Il faut bien voir la situation géographique très spéciale du Chili : entouré par le désert d'Atacama au nord, les Andes à l'est, l'Océan Pacifique à l'ouest et l'Antarctique au sud, il bénéficie d'un heureux isolement sanitaire qui lui a valu d'être épargné par le phylloxéra. Ruban long de 4.200 kilomètres du nord au sud, mais large de seulement 100 à 330 kilomètres selon les endroits, le Chili est le siège de conditions climatiques d'une extrême diversité : alors que le désert d'Atacama est l'un des endroits les plus chauds et arides de la planète, les glaciers de la Patagonie connaissent la pluie en permanence. Les vignobles qui nous intéressent se groupent à mi-distance de ces deux extrêmes, dans des régions au climat tempéré, voisin de celui du sud de la France pour la température, quoique beaucoup plus aride. La région la plus dense en vignobles s'étend
de la vallée de l'Aconcagua (au nord de Santiago) à la vallée
du Maulé, 500 kilomètres plus au sud. Celle-ci est prolongée
par les zones viticoles des bassins de l'Itata et du Bío-Bío,
régions plus fraîches.
Au nord-ouest de Santiago, la vallée de l'Aconcagua
est la région chilienne la plus chaude capable de donner de bons
vins. Très chaude et aride, elle convient à la production
de rouge, et du cabernet sauvignon de qualité y est produit.
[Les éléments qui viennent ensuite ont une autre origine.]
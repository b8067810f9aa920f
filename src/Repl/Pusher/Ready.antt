-- ===== src/Repl/Pusher/Ready.antt =====
-- A stream's subscription and its signals, over one step (stream.go: HandleStreamWithInitial;
-- broadcaster.go; leader.go: Propose, notifyReplicators).
use native.Mathlib.Decide.{dec_lt}
use repository.Base.{
  if_either, if_cases, ℕ, ◌+◌, ◌-◌, ◌^◌, ◌≤◌, ◌<◌, ◌≡◌, ◌≢◌, refl, sym, ◌∙◌, List, [], ◌∷◌, map,
  Option, none, some, length, arith, ◌⊎◌, inl, inr, Bool, true, false, nat_comparable,
}
use repository.Base.Int64.{Int64}
use repository.Base.Int64
use repository.Base.Dict.{Dict, find, store, find-store, agree_refl}
use repository.Proto.{LogEntry, Payload, entry}
use repository.Repl.Leader.{Leader, last_index}
use repository.Repl.Broadcaster.{subscribe, notify, signal_all}
use repository.Repl.Catchup.{catchup, catchup_messages, entries_after}
use repository.Repl.Pusher.{
  Source, Pusher, Phase, After, reads_position, has_sent, waiting_first, finished, catching_up,
  sending, positioning, subscribing, idle, checking, fetched, Action, goes, fails, stops, Push,
  blocked, panicked, moves, push, push_message, push_catchup, push_entries, push_first, push_check,
  push_subscribe, take_signal, stop_or, sub_of, sub_after, to_phase,
}
use repository.Repl.Pusher.Keeps.{Keeps}

-- Its subscription is one that was given out, and has a channel.
abbrev Present : Source → Int64 → Type 0
Present w id = (id ≤ w.ping.seq) × (find id w.ping.subs ≢ none)

-- A signal waits, or a proposal is still to be signalled, or there is nothing after the position.
abbrev pub Covered : Source → List LogEntry → Int64 → Int64 → Type 0
Covered w entries id last =
    (find id w.ping.subs ≡ some true) ⊎ (0 < w.unannounced) ⊎ (length entries ≤ last)

abbrev Attached : Source → ℕ → Option Int64 → Type 0
Attached w rounds none = rounds ≡ 0
Attached w rounds (some id) = Present w id

abbrev pub Ready : Source → List LogEntry → ℕ → Phase → Type 0
Ready w entries rounds waiting_first = rounds ≡ 0
Ready w entries rounds finished = Unit
Ready w entries rounds (catching_up sub last) = Attached w rounds sub
Ready w entries rounds (sending ms rest) = Attached w rounds (sub_after rest)
Ready w entries rounds (positioning sub) = Attached w rounds sub
Ready w entries rounds (subscribing last) = rounds ≡ 0
Ready w entries rounds (idle id last) = Present w id × ((rounds ≡ 0) ⊎ Covered w entries id last)
Ready w entries rounds (checking id last) = Present w id
Ready w entries rounds (fetched id last li) = Present w id

-- What another party does to the subscription.
pub record Leaves (w : Source) (entries : List LogEntry) (sub : Option Int64) (w' : Source)
    (entries' : List LogEntry) : Type 0 where
  pub present : (id : Int64) → sub ≡ some id → Present w id → Present w' id
  pub covered :
      (id last : Int64)
      → sub ≡ some id
      → Present w id
      → Covered w entries id last
      → Covered w' entries' id last

module _ (w w' : Source) (entries entries' : List LogEntry) where
  Leaves-Attached :
      (rounds : ℕ) (sub : Option Int64)
      → Leaves w entries sub w' entries'
      → Attached w rounds sub
      → Attached w' rounds sub
  Leaves-Attached rounds none k h = h
  Leaves-Attached rounds (some id) k h = k.present id refl h

  pub Leaves-Ready :
      (rounds : ℕ) (phase : Phase)
      → Leaves w entries (sub_of phase) w' entries'
      → Ready w entries rounds phase
      → Ready w' entries' rounds phase
  Leaves-Ready rounds waiting_first k h = h
  Leaves-Ready rounds finished k h = h
  Leaves-Ready rounds (catching_up sub last) k h = Leaves-Attached rounds sub k h
  Leaves-Ready rounds (sending ms rest) k h = Leaves-Attached rounds (sub_after rest) k h
  Leaves-Ready rounds (positioning sub) k h = Leaves-Attached rounds sub k h
  Leaves-Ready rounds (subscribing last) k h = h
  Leaves-Ready rounds (idle id last) k (there, inl first) = (k.present id refl there, inl first)
  Leaves-Ready rounds (idle id last) k (there, inr c) =
      (k.present id refl there, inr (k.covered id last refl there c))
  Leaves-Ready rounds (checking id last) k h = k.present id refl h
  Leaves-Ready rounds (fetched id last li) k h = k.present id refl h

find-stored : (id : Int64) (b : Bool) (subs : Dict Int64 Bool) → find id (store id b subs) ≢ none
find-stored id b subs = ground (arith, find-store id id b subs, agree_refl id)

find-signal_all :
    (id : Int64) (subs : Dict Int64 Bool)
    → find id subs ≢ none
    → find id (signal_all subs) ≡ some true
unfolding find signal_all
find-signal_all id [] h = absurd (h refl)
find-signal_all id ((j, b) ∷ subs) h = ground (arith, find-signal_all id subs)

pub leads-Leaves :
    (w : Source) (l' : Leader) (entries entries' : List LogEntry) (sub : Option Int64)
    → length entries ≤ length entries'
    → Leaves w entries sub
        (record w { leader = l'; unannounced = w.unannounced + (length entries' - length entries) })
        entries'
leads-Leaves w l' entries entries' sub longer = record {
  present = λ id s h. h;
  covered = λ id last s h c. elim c [
    | inl waits ↦ inl waits
    | inr (inl more) ↦ inr (inl (omega (arith, more)))
    | inr (inr upto) ↦ elim (dec_lt (length entries) (length entries')) [
      | yes more ↦ inr (inl (omega arith))
      | no same ↦ inr (inr (omega arith))
    ]
  ];
}

pub announces-Leaves :
    (w : Source) (n : ℕ) (entries : List LogEntry) (sub : Option Int64)
    → Leaves w entries sub (record w { ping = notify w.ping; unannounced = n }) entries
unfolding notify
announces-Leaves w n entries sub = record {
  present = λ id s h. (h.0, λ e. cc (find-signal_all id w.ping.subs h.1, e));
  covered = λ id last s h c. inl (find-signal_all id w.ping.subs h.1);
}

pub others-Leaves :
    (w w' : Source) (entries : List LogEntry) (sub other : Option Int64)
    → ((id : Int64) → sub ≡ some id → other ≢ some id)
    → Keeps w other w'
    → Leaves w entries sub w' entries
others-Leaves w w' entries sub other apart k = record {
  present =
      λ id s h. (omega (arith, k.seq, h.0), λ e. h.1 (sym (k.waiting id h.0 (apart id s)) ∙ e));
  covered = λ id last s h c. elim c [
    | inl waits ↦ inl (k.waiting id h.0 (apart id s) ∙ waits)
    | inr (inl more) ↦ inr (inl (omega (arith, more, k.unannounced)))
    | inr (inr upto) ↦ inr (inr upto)
  ];
}

abbrev pub Woken : List LogEntry → Push → Type 0
Woken entries blocked = Unit
Woken entries panicked = Unit
Woken entries (moves w' p') = Ready w' entries p'.rounds p'.phase

module _ (w : Source) (entries : List LogEntry) where
  stop_or-Woken :
      (a : Action) (p : Pusher) (other : Push)
      → Woken entries other
      → Woken entries (stop_or a w p other)
  stop_or-Woken goes p other o = o
  stop_or-Woken fails p other o = o
  stop_or-Woken stops p other o = if_either (Woken entries) w.leader.stopped _ _ tt tt

  push_message-Woken :
      (a : Action) (p : Pusher) (ms : List Payload) (rest : After)
      → Attached w p.rounds (sub_after rest)
      → Woken entries (push_message a w p ms rest)
  push_message-Woken a p [] (reads_position sub) h = h
  push_message-Woken a p [] (has_sent id li) h = h
  push_message-Woken fails p (m ∷ ms) rest h = tt
  push_message-Woken goes p (m ∷ ms) rest h = h
  push_message-Woken stops p (m ∷ ms) rest h = h

  push_first-Woken : (p : Pusher) → p.rounds ≡ 0 → Woken entries (push_first w p)
  push_first-Woken p h =
      elim p.initial
        as (λ o. Woken entries (elim o as (λ o. Push) [
          | none ↦ blocked
          | some last ↦ moves w (to_phase p (catching_up none last))
        ])) [ none ↦ tt | some last ↦ h ]

  push_catchup-Woken :
      (p : Pusher) (sub : Option Int64) (last : Int64)
      → Attached w p.rounds sub
      → Woken entries (push_catchup w p sub last)
  push_catchup-Woken p sub last h =
      elim (catchup w.leader last)
        as (λ o. Woken entries (elim o as (λ o. Push) [
          | none ↦ panicked
          | some r ↦ moves w (to_phase p (sending (catchup_messages r) (reads_position sub)))
        ])) [ none ↦ tt | some r ↦ h ]

  push_entries-Woken :
      (p : Pusher) (id last li : Int64) → Present w id → Woken entries (push_entries w p id last li)
  push_entries-Woken p id last li h =
      elim (entries_after w.leader last)
        as (λ o. Woken entries (elim o as (λ o. Push) [
          | none ↦ panicked
          | some none ↦ moves w (to_phase p (catching_up (some id) last))
          | some (some es) ↦ moves w (to_phase p (sending (map entry es) (has_sent id li)))
        ])) [ none ↦ tt | some none ↦ h | some (some es) ↦ h ]

  push_subscribe-Woken :
      (p : Pusher) (last : Int64) → p.rounds ≡ 0 → Woken entries (push_subscribe w p last)
  unfolding subscribe
  push_subscribe-Woken p last h = ((omega arith, λ e. find-stored _ false w.ping.subs e), inl h)

  take_signal-Woken :
      (p : Pusher) (id last : Int64) (o : Option Bool)
      → Present w id
      → Woken entries (take_signal w p id last o)
  take_signal-Woken p id last none h = tt
  take_signal-Woken p id last (some false) h = tt
  take_signal-Woken p id last (some true) h = (h.0, λ e. find-stored id false w.ping.subs e)

  -- The position is compared with the last index.
  push_check-Woken :
      (p : Pusher) (id last : Int64)
      → last_index w.leader ≡ length entries
      → length entries < 2 ^ 50
      → Present w id
      → Woken entries (push_check w p id last)
  push_check-Woken p id last at few h =
      if_cases (Ready w entries p.rounds) (Int64.le (last_index w.leader) last) (idle id last)
        (fetched id last (last_index w.leader))
        (λ e. (h, inr (inr (inr (ground (arith, e, at, few)))))) (λ e. h)

  abbrev at : Option Int64 → Phase → ℕ → List Payload → Pusher
  at initial phase rounds sent = record {
    initial = initial;
    phase = phase;
    rounds = rounds;
    sent = sent;
  }

  pub push-Woken :
      (a : Action) (initial : Option Int64) (phase : Phase) (rounds : ℕ) (sent : List Payload)
      → last_index w.leader ≡ length entries
      → length entries < 2 ^ 50
      → Ready w entries rounds phase
      → Woken entries (push a w (at initial phase rounds sent))
  unfolding push
  push-Woken a initial waiting_first rounds sent end few h =
      stop_or-Woken a (at initial waiting_first rounds sent) _
        (push_first-Woken (at initial waiting_first rounds sent) h)
  push-Woken a initial finished rounds sent end few h = tt
  push-Woken a initial (catching_up sub last) rounds sent end few h =
      push_catchup-Woken (at initial (catching_up sub last) rounds sent) sub last h
  push-Woken a initial (sending ms rest) rounds sent end few h =
      push_message-Woken a (at initial (sending ms rest) rounds sent) ms rest h
  push-Woken a initial (positioning none) rounds sent end few h = h
  push-Woken a initial (positioning (some id)) rounds sent end few h = h
  push-Woken a initial (subscribing last) rounds sent end few h =
      push_subscribe-Woken (at initial (subscribing last) rounds sent) last h
  push-Woken a initial (idle id last) rounds sent end few h =
      stop_or-Woken a (at initial (idle id last) rounds sent) _ (
        take_signal-Woken (at initial (idle id last) rounds sent) id last (find id w.ping.subs) h.0)
  push-Woken a initial (checking id last) rounds sent end few h =
      push_check-Woken (at initial (checking id last) rounds sent) id last end few h
  push-Woken a initial (fetched id last li) rounds sent end few h =
      push_entries-Woken (at initial (fetched id last li) rounds sent) id last li h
Entre Santiago et Valparaiso, cette prometteuse vallée
côtière est trop éloignée des Andes pour pouvoir
bénéficier économiquement de son eau. Elle n'a pu
se développer, récemment, qu'au fur et à mesure du
forage de puits exploitant sa nappe aquifère. Les sols sont pauvres,
sableux. La fraîcheur de la brise marine ralentit le mûrissement
du raisin, qui conserve ainsi bien mieux ses caractères aromatiques,
et la vendange intervient couramment un mois plus tard que dans la plupart
des autres régions chiliennes.
A l'abri entre les collines côtières à l'ouest et les Andes à l'est, les vignobles bénéficient de conditions climatiques très favorables. Le climat sec leur vaut de ne pas connaître le mildiou, mais il impose l'irrigation. L'eau est disponible à volonté, et l'irrigation franche sinon massive est encore la norme. Quelques domaines parmi les tout meilleurs pratiquent un arrosage au goutte-à-goutte. Quatre régions viticoles ont droit à
l'appellation "Valle Central". Ce sont, du nord au sud, le Bassin
du Maípo, la Vallée du Rapel, le District de Curico, et
la Vallée du Maulé.
Commençant au sud immédiat de Santiago,
cette fertile région se flatte d'être la plus ancienne zone
viticole chilienne. A ce titre, elle abrite nombre de grandes maisons
fondées par de riches Chiliens à la fin du 19e siècle,
alors qu'il était de bon ton de posséder un vignoble. Principaux parmi les meilleurs producteurs basés
ici : Undurraga, Santa Rita, Viña Manquehue, Carmen, Cousiño
Macul.
Comme dans le bassin du Maípo, le sol est argileux mais bien drainé, et la période de croissance est relativement longue et sèche. La chaleur diurne est tempérée par une forte influence marine, aussi la région est-elle en général plus fraîche que le bassin du Maípo, mais la diversité des sols et des conditions climatiques rend impossible toute généralisation. La région inclue la vallée du Cachapoal, à 80 kilomètres au sud de Santiago, et -plus au sud- le réputé district de Colchagua, irrigué par les eaux impétueuses du Rapel. Elle est renommée pour son cabernet sauvignon, et pour le merlot fait par des producteurs tels que Carmen et Mont Gras. Quelques-unes des meilleures maisons chiliennes y ont leur siège : Los Vascos, Viña Caliterra, Cono Sur, Casa Lapostolle.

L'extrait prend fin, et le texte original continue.